AIM OF THE EXERCISE: The answer is to be an exact copy of the lines below running from the line with "remaining-IsAscending m u" down to the line with "full-or-all zero l = inl refl", both ends included, and nothing more.

━━━━━ THE DATA ━━━━━

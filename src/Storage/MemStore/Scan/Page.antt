-- ===== src/Storage/MemStore/Scan/Page.antt =====
-- One page of Scan (pkg/storage/memstore.go) against the store's map.
use mathlib.Core.Path.{subst}
use kv_store.Common.{
  ℕ, zero, suc, ◌<◌, ◌≡◌, ◌⊎◌, inl, inr, refl, ap, sym, ◌∙◌, Option, none, some, List, [], ◌∷◌,
  ◌++◌, Bytes, bytes_eq_iff, if◌then◌else◌, length, take, drop, arith, ℤ, pos, negsuc, ◌==◌,
}
use kv_store.Common.Dict.{Dict, lookup, UniqueKeys}
use kv_store.Storage.Engine.{KeyValue, ok}
use kv_store.Storage.MemStore.{MemStore, Entry}
use kv_store.Storage.MemStore.Scan.{is_wanted, collect, sort_keys, last_key, page_of, scan}
use kv_store.Storage.MemStore.Scan.Sorted.{
  find, IsAscending, NoTwice, find-sort, sort-IsAscending, IsAscending-unique,
}

-- What a scan should give for a key, from what the map has for it.
abbrev pub wanted : ℤ → Bytes → Bytes → Bytes → Option Entry → Option Bytes
wanted now cursor pattern k none = none
wanted now cursor pattern k (some e) =
    if is_wanted now cursor pattern k e then some e.value else none

-- All that is left to scan behind a cursor, in order.
abbrev pub remaining : ℤ → Bytes → Bytes → MemStore → List KeyValue
remaining now cursor pattern m = sort_keys (collect now cursor pattern m.items)

module _ (now : ℤ) (cursor pattern : Bytes) where
  find-collect :
      (k : Bytes) (l : Dict Entry)
      → UniqueKeys l
      → find k (collect now cursor pattern l) ≡ wanted now cursor pattern k (lookup k l)
  unfolding collect lookup
  find-collect k [] u = refl
  find-collect k ((j, e) ∷ l) u = ground (arith, bytes_eq_iff j k, find-collect k l u.1)

  collect-NoTwice : (l : Dict Entry) → UniqueKeys l → NoTwice (collect now cursor pattern l)
  unfolding collect
  collect-NoTwice [] u = tt
  collect-NoTwice ((j, e) ∷ l) u = ground (arith, find-collect j l u.1, collect-NoTwice l u.1)

  pub find-remaining :
      (k : Bytes) (m : MemStore)
      → UniqueKeys m.items
      → find k (remaining now cursor pattern m) ≡ wanted now cursor pattern k (lookup k m.items)
  find-remaining k m u =
      find-sort k (collect now cursor pattern m.items) (collect-NoTwice m.items u)
      ∙ find-collect k m.items u

  pub remaining-IsAscending :
      (m : MemStore) → UniqueKeys m.items → IsAscending (remaining now cursor pattern m)
  remaining-IsAscending m u =
      sort-IsAscending (collect now cursor pattern m.items) (collect-NoTwice m.items u)

pub take-drop : (n : ℕ) (l : List KeyValue) → take n l ++ drop n l ≡ l
take-drop zero l = refl
take-drop (suc n) [] = refl
take-drop (suc n) (x ∷ l) = ap (λ r. x ∷ r) (take-drop n l)

pub full-or-all :
    (n : ℕ) (l : List KeyValue)
    → (length (take n l) ≡ n) ⊎ ((drop n l ≡ []) × (length (take n l) < n))
full-or-all zero l = inl refl
full-or-all (suc n) [] = inr (refl, omega arith)
full-or-all (suc n) (x ∷ l) = ground (arith, full-or-all n l)

-- What a scan at a time, behind a cursor, of a count of pairs and with a pattern gives is the page and a rest.
abbrev pub IsPage : ℤ → Bytes → ℕ → Bytes → MemStore → List KeyValue → List KeyValue → Type 0
IsPage now cursor count pattern m page rest =
    IsAscending (page ++ rest)
    × ((k : Bytes) → find k (page ++ rest) ≡ wanted now cursor pattern k (lookup k m.items))
    × ((length page ≡ count) ⊎ ((rest ≡ []) × (length page < count)))

abbrev pub next_cursor : ℕ → List KeyValue → Bytes
next_cursor count page = if length page == count then last_key page else []

-- A scan of a positive count on a map without a key twice gives a page such that, with some rest behind it, the pairs
-- stand in the ascending order of their keys and hold for each key what is wanted of the map's entry: its value if it
-- has not expired, is greater than a cursor that is not empty, and matches the pattern. The page has as many pairs as
-- counted, or fewer when there is no rest; the next cursor is its last key in the first case, and empty in the other.
pub scan-IsPage :
    (now : ℤ) (cursor : Bytes) (n : ℕ) (pattern : Bytes) (m : MemStore)
    → UniqueKeys m.items
    → (page rest : List KeyValue) × IsPage now cursor (suc n) pattern m page rest
      × (scan now cursor (pos (suc n)) pattern m ≡ ok (page, next_cursor (suc n) page))
unfolding scan
scan-IsPage now cursor n pattern m u =
    let all = remaining now cursor pattern m in
    let e = take-drop (suc n) all in
    (
      take (suc n) all,
      drop (suc n) all,
      (
        subst IsAscending (sym e) (remaining-IsAscending now cursor pattern m u),
        (λ k. ap (find k) e ∙ find-remaining now cursor pattern k m u),
        full-or-all (suc n) all,
      ),
      refl,
    )

-- Two stores whose maps agree on every key, whatever the order they are iterated in, scan the same.
pub scan-order :
    (now : ℤ) (cursor : Bytes) (count : ℤ) (pattern : Bytes) (m m' : MemStore)
    → UniqueKeys m.items
    → UniqueKeys m'.items
    → ((k : Bytes) → lookup k m.items ≡ lookup k m'.items)
    → scan now cursor count pattern m ≡ scan now cursor count pattern m'
unfolding scan
scan-order now cursor (pos zero) pattern m m' u v h = refl
scan-order now cursor (negsuc n) pattern m m' u v h = refl
scan-order now cursor (pos (suc n)) pattern m m' u v h =
    ap (λ (l : List KeyValue). ok (page_of (suc n) l))
      (IsAscending-unique (remaining now cursor pattern m) (remaining now cursor pattern m')
        (remaining-IsAscending now cursor pattern m u)
        (remaining-IsAscending now cursor pattern m' v)
        (λ k.
          find-remaining now cursor pattern k m u
          ∙ ap (wanted now cursor pattern k) (h k)
          ∙ sym (find-remaining now cursor pattern k m' v)))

━━━━━

RESPONSE BELOW:
  remaining-IsAscending m u =
      sort-IsAscending (collect now cursor pattern m.items) (collect-NoTwice m.items u)

pub take-drop : (n : ℕ) (l : List KeyValue) → take n l ++ drop n l ≡ l
take-drop zero l = refl
take-drop (suc n) [] = refl
take-drop (suc n) (x ∷ l) = ap (λ r. x ∷ r) (take-drop n l)

pub full-or-all :
    (n : ℕ) (l : List KeyValue)
    → (length (take n l) ≡ n) ⊎ ((drop n l ≡ []) × (length (take n l) < n))
full-or-all zero l = inl refl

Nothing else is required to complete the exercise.